Después de celebrarse el EABE17, donde pudimos participar ideando el espacio de debate “Polvo, pólvora y paja: Innovar para la Inclusión”, la organización nos ha pedido que compartamos las conclusiones. Entiendo que el blog de las Chococharlas es el mejor lugar para hacerlo públicamente.
Diálogo en tres compases
El sábado 1 de abril por la mañana tuvo lugar el evento, con la intervención de Rodrigo Juan García, miembro de la Comisión Permanente de las Redes por una nueva política educativa, y varias amigas de las Tertulias con sabor a chocolate. Se distribuyó en tres compases, a veces casi simultáneos:
1
La presentación del acontecimiento y la propuesta de un guión y un marco para el diálogo: ¿Qué hay de auténticamente inclusivo en nuestras propias experiencias como docentes innovadores? Tras la llamada a la autocrítica, todas y todos los participantes intervinieron compartiendo su historia y sus reflexiones.
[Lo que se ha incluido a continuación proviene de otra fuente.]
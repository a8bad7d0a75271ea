-- ===== src/Socket/Counts.antt =====
-- How much the operations of utils/sock/socket.c send.
use uvg_torrent.Base.{
  ℕ, ◌+◌, ◌≤◌, ◌≡◌, Bool, true, false, Option, none, some, List, [], ◌∷◌, arith, if◌then◌else◌, inl,
  inr, Bool-cases, Option-cases, exit_success,
}
use uvg_torrent.Os.{
  Os, World, sent, opened, closed, pure, sent_count, sent_count-append, Finishes, Finishes-bind,
}
use uvg_torrent.Socket
use uvg_torrent.Socket.{Socket, SocketType, tcp, udp}

-- So many have been sent.
abbrev pub Sent : {A : Type 0} → ℕ → A → World → Type 0
Sent n a w = sent_count w.log ≡ n

-- The steps of connecting a socket send nothing.
module _ (os : Os) (n : ℕ) where
  attach_quiet :
      (t : SocketType) (w : World) → sent_count w.log ≡ n → Finishes (Sent n) (Socket.attach os t w)
  unfolding Socket.attach
  attach_quiet tcp w e = e
  attach_quiet udp w e = elim (Bool-cases (os.bind w.now)) [
    | inl yes_bound ↦ rw yes_bound e
    | inr not_bound ↦ rw not_bound e
  ]

  connect_error_quiet :
      (s : Socket) (fd : Option ℕ) (w : World)
      → sent_count w.log ≡ n
      → Finishes (Sent n) (Socket.connect_error os s fd w)
  unfolding Socket.connect_error sent_count
  connect_error_quiet s none w e = e
  connect_error_quiet s (some fd) w e = omega (arith, sent_count-append w.log (closed fd ∷ []))

  connected_quiet :
      (s : Socket) (fd : ℕ) (addrs : List (List ℕ)) (w : World)
      → sent_count w.log ≡ n
      → Finishes (Sent n) (Socket.connected os s fd addrs w)
  connected_quiet s fd [] w e = unfold Socket.connected in tt
  connected_quiet s fd (addr ∷ more) w e =
      unfold Socket.connected in
      Finishes-bind (Sent n) (Sent n) (Socket.attach os s.type w) _ (attach_quiet s.type w e) after
    where
      after :
          (b : Bool) (w' : World)
          → sent_count w'.log ≡ n
          → Finishes (Sent n) (
              (if b
                  then pure
                      (exit_success, record s { sock_desc = some fd; remote_addr = some addr })
                  else Socket.connect_error os s (some fd))
                w')
      after true w' e' = e'
      after false w' e' = connect_error_quiet s (some fd) w' e'

  resolved_quiet :
      (s : Socket) (fd : ℕ) (host : Option (List (List ℕ))) (w : World)
      → sent_count w.log ≡ n
      → Finishes (Sent n) (Socket.resolved os s fd host w)
  resolved_quiet s fd none w e = unfold Socket.resolved in tt
  resolved_quiet s fd (some addrs) w e = unfold Socket.resolved in connected_quiet s fd addrs w e

  opened_quiet :
      (s : Socket) (fd : Option ℕ) (w : World)
      → sent_count w.log ≡ n
      → Finishes (Sent n) (Socket.opened_as os s fd w)
  unfolding Socket.opened_as sent_count
  opened_quiet s none w e = connect_error_quiet s none w e
  opened_quiet s (some fd) w e =
      resolved_quiet s fd (os.gethostbyname w.now) _
        (omega (arith, sent_count-append w.log (opened fd ∷ [])))

  pub connect_quiet :
      (s : Socket) (w : World) → sent_count w.log ≡ n → Finishes (Sent n) (Socket.connect os s w)
  unfolding Socket.connect
  connect_quiet s w e = opened_quiet s (os.socket w.now) _ e

module _ (os : Os) (n : ℕ) where
  -- A send adds at most one, a receive none.
  pub send_one :
      (s : Socket) (bytes : List ℕ) (w : World)
      → sent_count w.log ≤ n
      → Finishes (λ r w'. sent_count w'.log ≤ n + 1) (Socket.send os s bytes w)
  unfolding Socket.send sent_count
  send_one s bytes w e = elim (Option-cases s.sock_desc) [
    | inl none_open ↦ rw none_open tt
    | inr (fd, is_open) ↦ rw is_open (elim (Bool-cases (os.send w.now)) [
      | inl done ↦ rw done (omega (arith, sent_count-append w.log (sent fd bytes ∷ [])))
      | inr failed ↦ rw failed (omega arith)
    ])
  ]

  pub receive_none :
      (s : Socket) (size : ℕ) (w : World)
      → sent_count w.log ≤ n
      → Finishes (λ r w'. sent_count w'.log ≤ n) (Socket.receive os s size w)
  unfolding Socket.receive
  receive_none s size w e = elim (Option-cases s.sock_desc) [
    | inl none_open ↦ rw none_open tt
    | inr (fd, is_open) ↦ rw is_open e
  ]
Aunque todas las aportaciones merecerían una reseña, hay que citar la defensa de la inclusión que hizo uno de nuestros chocolateros, José Blas García; las maestras de la Escuela de Educación Infantil Pinolivo, por su testimonio y su reflexión en equipo; y a Juan Pablo Mora, con quien estoy viviendo un proceso de aprendizaje permanente, gracias a los proyectos con que alienta a sus alumnos de Lingüística General, futuros docentes de enseñanza secundaria o universitaria.
2
Dentro de ese marco,
Rodrigo Juan García argumentó las razones que justifican la confluencia de decenas de asociaciones, movimientos y personas pertenecientes a todos los sectores de la comunidad educativa, junto con los partidos políticos que han asumido el marco de un documento común por una nueva política educativa. Precisamente la clave de la inclusión como medida de la deseada renovación pedagógica y de cualquier metodología útil es una de las constantes que han alentado el trabajo de las Redes. Podéis escuchar su argumentación
a través de este enlace al video grabado por Juan Pablo Mora.
3
Por último, se animó a los colegas que habían intervenido sin trabas ni interrupciones, desde sus propias perspectivas, a que continuaran el debate en grupos de trabajo y a que se vincularan autónomamente con las Redes como herramienta de incidencia política, si lo deseaban. No se recogieron nombres para enviar correos, aunque estaba en mi cabeza hacerlo. A mi modo de ver, fue mejor así.